4. An image fusion method according to claim 1 or 3, characterized in that the convolutional neural network is a two-channel network, each channel is composed of a convolutional neural network with 5 layers, including 3 convolutional layers, 1 max pooling layer, and 1 full-link layer, and the final output layer is 1 softmax classifier.

5. An image fusion apparatus, comprising:

a first fusion module, configured to obtain a first fusion image based on the binary image, the first image, and the second image, where a specific expression formula of the first fusion image is: f1(x, y) ═ D1(x, y) a (x, y) + (1-D1(x, y) B (x, y))

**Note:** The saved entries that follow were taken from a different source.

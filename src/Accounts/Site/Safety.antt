-- ===== src/Accounts/Site/Safety.antt =====
-- The accounts over sequences of requests.
use stranger_club.Base.{
  ℕ, ◌≡◌, refl, String, Bool, Option, none, some, List, [], ◌∷◌, inl, inr, Bool-cases, arith,
}
use stranger_club.Db.Query.{Table, get, first_where}
use stranger_club.Db.Query.Laws.{first_where-get}
use stranger_club.Exec.{Result, ok, err, Exec, run}
use stranger_club.Access.{LoginSession, is_alive, check_session, auth_context}
use stranger_club.Avatars.{PlayerProfile, Profiles, profile_of, choose_avatar, assign_new_avatar}
use stranger_club.Avatars.Unique.{OneOwner, choose_avatar-OneOwner, assign_new_avatar-OneOwner}
use stranger_club.Avatars.Owners.{
  SameOwners, IsOwner, choose_avatar-SameOwners, assign_new_avatar-SameOwners,
}
use stranger_club.Accounts.{Accounts, Hashing}
use stranger_club.Accounts.Login.{Cookies, finished, player_login}
use stranger_club.Accounts.Sound.{SessionsSound, Sound}
use stranger_club.Accounts.Sound.Sessions.{
  ended-SessionsSound, seen-SessionsSound, deleted-SessionsSound,
}
use stranger_club.Accounts.Sound.Codes.{request_otp-Sound, verify_otp-Sound}
use stranger_club.Accounts.Sound.Members.{avatars-Sound, create_player_account-Sound}
use stranger_club.Accounts.Sound.Edits.{
  update_profile-Sound, start_player_session-Sound, finish_login-Sound,
}
use stranger_club.Accounts.Site.{
  active_users, Site, Route, on_ok, done, limited, handled, then_session, as_player, with_csrf,
  on_profile, own_profile, Request, end_own_session, serve, serve_all,
}

abbrev pub KeepsSound : Route → Type 0
KeepsSound route = (site : Site) → Sound site.accounts → Sound (route site).1.accounts

on_ok-Sound {ℓ} :
    {A : Type ℓ} (r : Result A) (k : A → Route) (site : Site)
    → ((a : A) → KeepsSound (k a))
    → Sound site.accounts
    → Sound (on_ok r k site).1.accounts
on_ok-Sound (ok a) k site h s = h a site s
on_ok-Sound (err e) k site h s = s

done-KeepsSound : KeepsSound done
done-KeepsSound site s = s

limited-KeepsSound :
    (up : Bool) (now : ℕ) (key : String) (limit : ℕ) (route : Route)
    → KeepsSound route
    → KeepsSound (limited up now key limit route)
unfolding limited
limited-KeepsSound up now key limit route h site s = on_ok-Sound _ _ _ (λ _. h) s

handled-KeepsSound {ℓ} :
    {A : Type ℓ} (m : Exec Accounts A) (k : A → Route)
    → ((d : Accounts) → Sound d → Sound (run m d).1)
    → ((a : A) → KeepsSound (k a))
    → KeepsSound (handled m k)
unfolding handled
handled-KeepsSound m k h hk site s = on_ok-Sound _ k _ hk (h site.accounts s)

then_session-KeepsSound : (now : ℕ) (c : Cookies) (id : ℕ) → KeepsSound (then_session now c id)
unfolding then_session
then_session-KeepsSound now c id =
    handled-KeepsSound _ _ (start_player_session-Sound now id c) (λ _. done-KeepsSound)

seen-Sound :
    (now : ℕ) (active : ℕ → Bool) (o : Option (ℕ × LoginSession)) (t : Table LoginSession)
    → SessionsSound t
    → ((i : ℕ) (s : LoginSession) → o ≡ some (i, s) → get t i ≡ some s)
    → SessionsSound (check_session now active o t).1
unfolding check_session
seen-Sound now active none t h found = h
seen-Sound now active (some (i, s)) t h found = elim (Bool-cases (is_alive now active s)) [
  | inl e ↦ rw e (seen-SessionsSound t i s _ h (found i s refl) refl)
  | inr e ↦ rw e (deleted-SessionsSound t i s h (found i s refl))
]

pub auth_context-Sound :
    (now : ℕ) (active : ℕ → Bool) (hash : Option String) (t : Table LoginSession)
    → SessionsSound t
    → SessionsSound (auth_context now active hash t).1
unfolding auth_context
auth_context-Sound now active none t h = h
auth_context-Sound now active (some hash) t h =
    seen-Sound now active _ t h (λ i s e. (first_where-get _ t i s h.table e).0)

abbrev pub with_sessions : Accounts → Table LoginSession → Accounts
with_sessions d t = record d { sessions = t }

pub sessions-Sound :
    (d : Accounts) (t : Table LoginSession) → Sound d → SessionsSound t → Sound (with_sessions d t)
sessions-Sound d t s h = record { challenges = s.challenges; identity = s.identity; sessions = h }

as_player-KeepsSound :
    (now : ℕ) (hash : Option String) (k : LoginSession → Route)
    → ((s : LoginSession) → KeepsSound (k s))
    → KeepsSound (as_player now hash k)
unfolding as_player
as_player-KeepsSound now hash k h site s = on_ok-Sound _ k _ h (
    sessions-Sound site.accounts _ s (
      auth_context-Sound now (active_users site.accounts.users) hash site.accounts.sessions
        s.sessions))

with_csrf-KeepsSound :
    (header : String) (k : ℕ → Route) (session : LoginSession)
    → ((id : ℕ) → KeepsSound (k id))
    → KeepsSound (with_csrf header k session)
unfolding with_csrf
with_csrf-KeepsSound header k session h site s = on_ok-Sound _ k site h s

-- A change of one's own profile that keeps the owners of avatars and of profiles.
own_profile-KeepsSound :
    (change : ℕ → PlayerProfile → Profiles → Result PlayerProfile × Profiles)
    → ((k : ℕ) (p : PlayerProfile) (t : Profiles) → OneOwner t → OneOwner (change k p t).1)
    → ((k : ℕ) (p : PlayerProfile) (t : Profiles) → IsOwner k p t → SameOwners t (change k p t).1)
    → (id : ℕ) → KeepsSound (own_profile change id)
unfolding own_profile
own_profile-KeepsSound change one same id site s =
    row-Sound (first_where (profile_of id) site.accounts.profiles) refl
  where
    row-Sound :
        (o : Option (ℕ × PlayerProfile))
        → first_where (profile_of id) site.accounts.profiles ≡ o
        → Sound (on_profile change o site).1.accounts
    row-Sound none e = s
    row-Sound (some (k, p)) e =
        let t = site.accounts.profiles in
        let (held, _) = first_where-get (profile_of id) t k p s.identity.avatars.table e in
        on_ok-Sound _ _ _ (λ _. done-KeepsSound)
          (avatars-Sound site.accounts (change k p t).1 s (one k p t s.identity.avatars)
            (same k p t (ground (arith, held))))

finished-Sound :
    (now : ℕ) (c : Cookies) (r : Result ℕ) (d : Accounts) → Sound d → Sound (finished now c r d).1
finished-Sound now c (ok id) d s = finish_login-Sound now id c d s
finished-Sound now c (err e) d s = s

end_own_session-KeepsSound : (session : LoginSession) → KeepsSound (end_own_session session)
unfolding end_own_session
end_own_session-KeepsSound session site s =
    sessions-Sound site.accounts _ s
      (ended-SessionsSound (some session.token_hash) site.accounts.sessions s.sessions)

pub serve-KeepsSound : (h : Hashing) (r : Request) → KeepsSound (serve h r)
unfolding serve player_login
serve-KeepsSound h (Request.otp_request up now client phone code) = limited-KeepsSound _ _ _ _ _ (
    limited-KeepsSound _ _ _ _ _
      (handled-KeepsSound _ _ (request_otp-Sound h now phone code) (λ _. done-KeepsSound)))
serve-KeepsSound h (Request.otp_verify up now client phone code c) =
    limited-KeepsSound _ _ _ _ _
      (handled-KeepsSound _ _ (verify_otp-Sound h now phone code) (then_session-KeepsSound now c))
serve-KeepsSound h (Request.player_signup up now client salt before p rounds c) =
    limited-KeepsSound _ _ _ _ _ (
      handled-KeepsSound _ _ (create_player_account-Sound h salt before p rounds)
        (then_session-KeepsSound now c))
serve-KeepsSound h (Request.login up now client email password c) =
    λ site s. on_ok-Sound _ _ _ (λ _. done-KeepsSound) (finished-Sound now c _ site.accounts s)
serve-KeepsSound h (Request.logout now hash csrf) =
    as_player-KeepsSound now hash _
      (λ session. with_csrf-KeepsSound csrf _ session (λ id. end_own_session-KeepsSound session))
serve-KeepsSound h (Request.patch_profile now hash csrf before p) =
    as_player-KeepsSound now hash _ (λ session.
      with_csrf-KeepsSound csrf _ session
        (λ id. handled-KeepsSound _ _ (update_profile-Sound id before p) (λ _. done-KeepsSound)))
serve-KeepsSound h (Request.generate_avatar up now hash csrf key rounds) =
    as_player-KeepsSound now hash _ (λ session. with_csrf-KeepsSound csrf _ session (λ id.
      limited-KeepsSound _ _ _ _ _ (
        own_profile-KeepsSound (λ k p t. assign_new_avatar k p rounds t)
          (λ k p t. assign_new_avatar-OneOwner k p rounds t)
          (λ k p t. assign_new_avatar-SameOwners k p rounds t) id)))
serve-KeepsSound h (Request.put_avatar up now hash csrf key design) =
    as_player-KeepsSound now hash _ (λ session. with_csrf-KeepsSound csrf _ session (λ id.
      limited-KeepsSound _ _ _ _ _ (
        own_profile-KeepsSound (λ k p t. choose_avatar k p design t)
          (λ k p t. choose_avatar-OneOwner k p design t)
          (λ k p t. choose_avatar-SameOwners k p design t) id)))

pub serve_all-Sound :
    (h : Hashing) (rs : List Request) (site : Site)
    → Sound site.accounts
    → Sound (serve_all h rs site).accounts
unfolding serve_all
serve_all-Sound h [] site s = s
serve_all-Sound h (r ∷ rs) site s =
    serve_all-Sound h rs (serve h r site).1 (serve-KeepsSound h r site s)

the second fusion module is used for obtaining a second fusion image based on the difference image, the first image and the second image;

the obtaining module is specifically configured to: obtaining a difference value between the first structural similarity graph and the second structural similarity graph; taking the absolute value of the difference as a difference map of the first structural similarity map and the second structural similarity map;

the second fusion module is specifically configured to: based on the target area, removing an area irrelevant to the target in the difference image to obtain a target feature extraction image; extracting an image, the first image and the second image according to the target feature to obtain a second fused image; the specific expression formula of the second fusion image is as follows:

F2(x,y)＝D2(x,y)A(x,y)+(1-D2(x,y)B(x,y))

6. A readable storage medium, on which a computer program is stored which, when being executed by a processor, carries out the steps of the image fusion method according to any one of claims 1 to 4.